Task: When the line containing "abbrev pub sub64 : ℕ → ℕ → ℕ" is reached, begin transcribing. Continue exactly through the final line of the listing, and return nothing else.

Input data: Begin

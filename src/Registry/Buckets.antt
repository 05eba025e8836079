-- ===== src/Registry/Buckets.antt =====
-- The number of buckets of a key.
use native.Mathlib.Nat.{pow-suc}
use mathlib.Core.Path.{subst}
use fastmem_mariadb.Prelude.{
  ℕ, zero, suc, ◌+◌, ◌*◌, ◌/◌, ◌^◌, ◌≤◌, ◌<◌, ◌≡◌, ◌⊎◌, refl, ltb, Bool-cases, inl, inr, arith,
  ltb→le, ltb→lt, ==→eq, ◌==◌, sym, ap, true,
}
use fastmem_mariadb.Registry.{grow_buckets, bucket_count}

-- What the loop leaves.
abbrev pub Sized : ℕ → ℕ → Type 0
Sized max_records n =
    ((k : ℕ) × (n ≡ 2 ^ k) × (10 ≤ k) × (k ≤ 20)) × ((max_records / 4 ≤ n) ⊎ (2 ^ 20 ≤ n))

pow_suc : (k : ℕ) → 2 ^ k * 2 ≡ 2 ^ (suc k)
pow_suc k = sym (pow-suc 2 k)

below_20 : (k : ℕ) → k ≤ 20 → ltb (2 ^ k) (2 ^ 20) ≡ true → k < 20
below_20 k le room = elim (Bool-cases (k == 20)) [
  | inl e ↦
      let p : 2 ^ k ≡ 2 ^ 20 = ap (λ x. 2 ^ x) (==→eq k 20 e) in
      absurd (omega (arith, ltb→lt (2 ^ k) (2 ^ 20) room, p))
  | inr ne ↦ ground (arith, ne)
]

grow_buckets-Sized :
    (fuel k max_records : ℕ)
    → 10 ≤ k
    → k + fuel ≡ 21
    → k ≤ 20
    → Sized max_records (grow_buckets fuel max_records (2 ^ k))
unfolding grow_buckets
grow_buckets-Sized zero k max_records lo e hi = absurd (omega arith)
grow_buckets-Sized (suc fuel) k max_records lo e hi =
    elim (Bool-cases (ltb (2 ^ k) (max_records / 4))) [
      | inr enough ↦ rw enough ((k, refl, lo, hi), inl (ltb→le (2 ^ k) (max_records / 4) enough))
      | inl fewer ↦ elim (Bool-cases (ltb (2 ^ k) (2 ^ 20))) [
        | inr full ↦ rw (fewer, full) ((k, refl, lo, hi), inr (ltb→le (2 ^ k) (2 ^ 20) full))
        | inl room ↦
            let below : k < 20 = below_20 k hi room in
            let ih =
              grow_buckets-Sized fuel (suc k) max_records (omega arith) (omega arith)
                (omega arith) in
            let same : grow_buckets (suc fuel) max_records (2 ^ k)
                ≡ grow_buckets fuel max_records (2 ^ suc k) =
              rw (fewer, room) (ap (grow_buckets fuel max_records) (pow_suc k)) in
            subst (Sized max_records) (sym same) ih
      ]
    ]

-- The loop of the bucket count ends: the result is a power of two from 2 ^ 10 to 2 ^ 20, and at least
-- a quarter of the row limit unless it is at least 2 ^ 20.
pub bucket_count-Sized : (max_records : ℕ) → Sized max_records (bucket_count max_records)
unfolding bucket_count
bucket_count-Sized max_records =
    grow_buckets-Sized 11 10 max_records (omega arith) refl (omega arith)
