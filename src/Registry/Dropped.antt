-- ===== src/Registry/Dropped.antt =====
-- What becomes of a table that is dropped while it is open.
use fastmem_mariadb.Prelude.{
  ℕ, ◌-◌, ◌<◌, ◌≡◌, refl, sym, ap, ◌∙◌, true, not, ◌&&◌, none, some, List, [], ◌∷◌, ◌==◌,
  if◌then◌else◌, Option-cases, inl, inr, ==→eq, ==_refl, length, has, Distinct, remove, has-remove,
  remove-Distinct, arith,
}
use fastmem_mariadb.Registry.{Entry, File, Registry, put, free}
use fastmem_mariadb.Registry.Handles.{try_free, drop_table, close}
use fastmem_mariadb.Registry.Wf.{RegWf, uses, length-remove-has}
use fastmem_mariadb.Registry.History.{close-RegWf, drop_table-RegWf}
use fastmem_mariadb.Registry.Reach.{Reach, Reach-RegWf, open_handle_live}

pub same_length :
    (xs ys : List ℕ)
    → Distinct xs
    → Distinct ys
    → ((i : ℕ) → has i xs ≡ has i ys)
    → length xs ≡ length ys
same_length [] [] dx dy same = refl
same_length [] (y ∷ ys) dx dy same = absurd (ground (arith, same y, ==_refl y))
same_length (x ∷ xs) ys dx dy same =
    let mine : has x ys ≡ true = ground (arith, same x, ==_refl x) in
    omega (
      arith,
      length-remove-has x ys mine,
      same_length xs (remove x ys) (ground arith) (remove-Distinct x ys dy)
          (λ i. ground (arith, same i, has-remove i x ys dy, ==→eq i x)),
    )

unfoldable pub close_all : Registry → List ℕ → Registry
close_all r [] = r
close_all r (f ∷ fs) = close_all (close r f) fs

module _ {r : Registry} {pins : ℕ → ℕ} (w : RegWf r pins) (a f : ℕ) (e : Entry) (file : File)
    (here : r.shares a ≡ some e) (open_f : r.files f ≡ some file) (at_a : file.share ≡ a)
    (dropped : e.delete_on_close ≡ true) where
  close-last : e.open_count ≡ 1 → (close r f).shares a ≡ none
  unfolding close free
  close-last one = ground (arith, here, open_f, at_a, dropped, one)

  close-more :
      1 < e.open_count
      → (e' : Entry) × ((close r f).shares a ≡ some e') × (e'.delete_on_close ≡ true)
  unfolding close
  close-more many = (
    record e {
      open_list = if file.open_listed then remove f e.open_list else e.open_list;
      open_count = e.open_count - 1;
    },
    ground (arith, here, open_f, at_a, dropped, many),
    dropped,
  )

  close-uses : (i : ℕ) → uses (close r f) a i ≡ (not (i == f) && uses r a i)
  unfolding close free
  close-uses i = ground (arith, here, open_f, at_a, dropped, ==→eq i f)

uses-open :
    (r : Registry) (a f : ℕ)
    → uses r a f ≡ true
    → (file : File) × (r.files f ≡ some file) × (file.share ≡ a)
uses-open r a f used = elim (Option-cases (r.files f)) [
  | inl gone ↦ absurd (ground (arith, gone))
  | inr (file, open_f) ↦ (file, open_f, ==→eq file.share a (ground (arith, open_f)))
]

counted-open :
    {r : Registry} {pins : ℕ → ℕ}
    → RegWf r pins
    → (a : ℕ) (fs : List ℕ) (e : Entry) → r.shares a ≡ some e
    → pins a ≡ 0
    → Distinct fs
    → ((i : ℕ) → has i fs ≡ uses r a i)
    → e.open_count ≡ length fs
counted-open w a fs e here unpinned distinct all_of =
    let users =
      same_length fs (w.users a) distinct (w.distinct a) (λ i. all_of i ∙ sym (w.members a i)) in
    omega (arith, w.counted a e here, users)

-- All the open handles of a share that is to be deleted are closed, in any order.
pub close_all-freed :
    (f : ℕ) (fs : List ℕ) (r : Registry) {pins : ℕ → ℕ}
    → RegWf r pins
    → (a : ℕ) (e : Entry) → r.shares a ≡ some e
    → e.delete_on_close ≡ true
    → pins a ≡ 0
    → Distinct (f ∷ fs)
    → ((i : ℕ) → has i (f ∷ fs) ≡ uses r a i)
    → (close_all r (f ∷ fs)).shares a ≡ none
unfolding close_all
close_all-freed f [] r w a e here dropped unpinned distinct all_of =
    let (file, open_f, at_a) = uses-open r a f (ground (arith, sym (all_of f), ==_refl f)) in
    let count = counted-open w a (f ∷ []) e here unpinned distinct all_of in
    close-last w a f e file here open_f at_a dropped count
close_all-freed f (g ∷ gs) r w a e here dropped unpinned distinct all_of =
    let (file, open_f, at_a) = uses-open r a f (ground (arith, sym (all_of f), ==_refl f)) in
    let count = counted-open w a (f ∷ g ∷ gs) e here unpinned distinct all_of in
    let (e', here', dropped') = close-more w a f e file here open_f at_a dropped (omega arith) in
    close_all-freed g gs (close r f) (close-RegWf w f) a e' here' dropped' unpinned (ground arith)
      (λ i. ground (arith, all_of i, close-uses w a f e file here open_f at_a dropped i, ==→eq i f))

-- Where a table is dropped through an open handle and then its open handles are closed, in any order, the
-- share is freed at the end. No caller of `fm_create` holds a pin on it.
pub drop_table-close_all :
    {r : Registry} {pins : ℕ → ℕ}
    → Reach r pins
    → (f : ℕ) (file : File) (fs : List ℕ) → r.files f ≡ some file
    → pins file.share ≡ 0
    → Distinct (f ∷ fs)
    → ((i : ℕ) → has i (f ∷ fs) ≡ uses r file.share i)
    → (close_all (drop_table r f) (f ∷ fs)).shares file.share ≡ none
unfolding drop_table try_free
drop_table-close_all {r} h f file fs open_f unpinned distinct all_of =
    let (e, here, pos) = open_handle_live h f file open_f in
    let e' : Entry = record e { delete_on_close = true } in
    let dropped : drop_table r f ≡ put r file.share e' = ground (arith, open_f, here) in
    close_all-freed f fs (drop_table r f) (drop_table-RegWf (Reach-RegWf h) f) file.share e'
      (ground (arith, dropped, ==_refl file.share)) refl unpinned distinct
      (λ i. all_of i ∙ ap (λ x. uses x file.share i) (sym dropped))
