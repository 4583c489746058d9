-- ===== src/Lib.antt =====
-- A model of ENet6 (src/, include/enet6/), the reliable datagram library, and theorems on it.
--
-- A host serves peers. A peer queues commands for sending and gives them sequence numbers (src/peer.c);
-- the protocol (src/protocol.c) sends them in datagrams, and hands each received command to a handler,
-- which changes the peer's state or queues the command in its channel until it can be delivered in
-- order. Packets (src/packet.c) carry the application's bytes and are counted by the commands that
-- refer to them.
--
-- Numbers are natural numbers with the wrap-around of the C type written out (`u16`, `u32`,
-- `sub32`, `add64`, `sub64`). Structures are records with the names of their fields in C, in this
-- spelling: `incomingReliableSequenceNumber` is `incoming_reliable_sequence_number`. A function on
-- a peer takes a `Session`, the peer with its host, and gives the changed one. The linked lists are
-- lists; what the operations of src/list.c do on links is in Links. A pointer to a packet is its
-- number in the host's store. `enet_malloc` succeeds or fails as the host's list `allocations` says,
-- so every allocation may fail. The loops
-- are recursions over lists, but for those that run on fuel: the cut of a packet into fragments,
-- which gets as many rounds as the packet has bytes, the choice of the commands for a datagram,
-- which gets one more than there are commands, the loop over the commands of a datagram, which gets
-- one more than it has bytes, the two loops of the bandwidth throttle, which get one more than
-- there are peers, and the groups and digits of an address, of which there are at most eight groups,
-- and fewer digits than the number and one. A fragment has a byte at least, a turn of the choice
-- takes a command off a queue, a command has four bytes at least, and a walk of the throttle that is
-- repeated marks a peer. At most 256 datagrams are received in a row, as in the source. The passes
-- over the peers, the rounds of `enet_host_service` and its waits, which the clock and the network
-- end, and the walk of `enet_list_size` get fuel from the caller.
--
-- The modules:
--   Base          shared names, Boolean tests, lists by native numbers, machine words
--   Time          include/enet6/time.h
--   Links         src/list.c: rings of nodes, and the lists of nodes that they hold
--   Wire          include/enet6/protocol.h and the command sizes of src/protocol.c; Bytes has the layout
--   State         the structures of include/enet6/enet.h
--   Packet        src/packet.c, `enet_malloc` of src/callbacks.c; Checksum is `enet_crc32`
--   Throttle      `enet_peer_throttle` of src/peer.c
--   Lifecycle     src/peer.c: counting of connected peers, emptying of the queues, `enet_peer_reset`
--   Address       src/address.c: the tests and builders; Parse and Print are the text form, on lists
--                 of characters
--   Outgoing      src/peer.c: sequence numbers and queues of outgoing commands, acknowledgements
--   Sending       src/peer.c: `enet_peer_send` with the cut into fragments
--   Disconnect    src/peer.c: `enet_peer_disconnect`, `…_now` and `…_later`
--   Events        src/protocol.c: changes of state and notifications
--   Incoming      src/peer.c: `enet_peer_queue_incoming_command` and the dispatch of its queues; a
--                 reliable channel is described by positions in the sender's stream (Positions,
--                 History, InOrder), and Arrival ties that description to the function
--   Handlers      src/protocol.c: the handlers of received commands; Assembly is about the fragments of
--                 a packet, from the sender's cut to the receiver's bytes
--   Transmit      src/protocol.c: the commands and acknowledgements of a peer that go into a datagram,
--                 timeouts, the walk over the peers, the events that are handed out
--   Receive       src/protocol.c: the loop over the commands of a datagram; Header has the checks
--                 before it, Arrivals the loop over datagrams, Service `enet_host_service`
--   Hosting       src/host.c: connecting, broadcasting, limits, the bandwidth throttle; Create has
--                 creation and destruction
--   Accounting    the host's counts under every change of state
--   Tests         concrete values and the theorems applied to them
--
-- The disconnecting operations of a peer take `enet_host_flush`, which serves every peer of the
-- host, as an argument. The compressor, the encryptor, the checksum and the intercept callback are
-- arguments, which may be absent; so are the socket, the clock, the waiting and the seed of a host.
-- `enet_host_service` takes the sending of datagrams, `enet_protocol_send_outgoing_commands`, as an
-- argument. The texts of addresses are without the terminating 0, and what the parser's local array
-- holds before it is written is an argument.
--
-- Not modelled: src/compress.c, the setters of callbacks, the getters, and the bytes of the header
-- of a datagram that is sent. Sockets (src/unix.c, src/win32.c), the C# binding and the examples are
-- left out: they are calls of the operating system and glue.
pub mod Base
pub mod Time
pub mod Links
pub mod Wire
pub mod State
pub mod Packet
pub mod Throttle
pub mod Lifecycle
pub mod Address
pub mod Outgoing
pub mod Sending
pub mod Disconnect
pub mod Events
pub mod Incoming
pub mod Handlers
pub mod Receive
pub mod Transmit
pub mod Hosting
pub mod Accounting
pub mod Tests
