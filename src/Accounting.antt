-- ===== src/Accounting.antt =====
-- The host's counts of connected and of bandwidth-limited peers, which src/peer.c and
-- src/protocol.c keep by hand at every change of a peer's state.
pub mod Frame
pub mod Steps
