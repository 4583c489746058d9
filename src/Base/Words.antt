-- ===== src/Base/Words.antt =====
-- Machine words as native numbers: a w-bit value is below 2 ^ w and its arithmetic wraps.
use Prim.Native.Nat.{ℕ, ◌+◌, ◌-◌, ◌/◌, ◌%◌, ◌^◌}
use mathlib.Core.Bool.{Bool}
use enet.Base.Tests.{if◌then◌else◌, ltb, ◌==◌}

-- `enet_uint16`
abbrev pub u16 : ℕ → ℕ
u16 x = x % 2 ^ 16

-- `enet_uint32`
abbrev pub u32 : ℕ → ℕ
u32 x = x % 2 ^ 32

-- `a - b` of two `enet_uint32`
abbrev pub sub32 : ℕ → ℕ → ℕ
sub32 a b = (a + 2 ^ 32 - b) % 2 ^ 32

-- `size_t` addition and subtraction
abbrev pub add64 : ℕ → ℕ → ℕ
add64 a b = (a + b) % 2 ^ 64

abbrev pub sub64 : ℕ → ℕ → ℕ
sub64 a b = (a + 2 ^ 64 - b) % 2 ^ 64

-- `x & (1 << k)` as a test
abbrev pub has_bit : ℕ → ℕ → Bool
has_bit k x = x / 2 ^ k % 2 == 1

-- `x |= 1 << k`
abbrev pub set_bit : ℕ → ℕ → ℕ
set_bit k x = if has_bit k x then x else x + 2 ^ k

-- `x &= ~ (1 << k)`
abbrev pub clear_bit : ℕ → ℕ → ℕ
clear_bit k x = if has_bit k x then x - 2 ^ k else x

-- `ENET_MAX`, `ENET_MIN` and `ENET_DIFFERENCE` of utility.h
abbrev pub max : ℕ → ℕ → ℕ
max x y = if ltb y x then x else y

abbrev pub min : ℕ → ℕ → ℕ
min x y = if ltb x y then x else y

Input data: End

Result of this exercise:
abbrev pub sub64 : ℕ → ℕ → ℕ
sub64 a b = (a + 2 ^ 64 - b) % 2 ^ 64

-- `x & (1 << k)` as a test
abbrev pub has_bit : ℕ → ℕ → Bool
has_bit k x = x / 2 ^ k % 2 == 1

-- `x |= 1 << k`
abbrev pub set_bit : ℕ → ℕ → ℕ
set_bit k x = if has_bit k x then x else x + 2 ^ k

-- `x &= ~ (1 << k)`
abbrev pub clear_bit : ℕ → ℕ → ℕ
clear_bit k x = if has_bit k x then x - 2 ^ k else x

-- `ENET_MAX`, `ENET_MIN` and `ENET_DIFFERENCE` of utility.h
abbrev pub max : ℕ → ℕ → ℕ
max x y = if ltb y x then x else y

abbrev pub min : ℕ → ℕ → ℕ
min x y = if ltb x y then x else y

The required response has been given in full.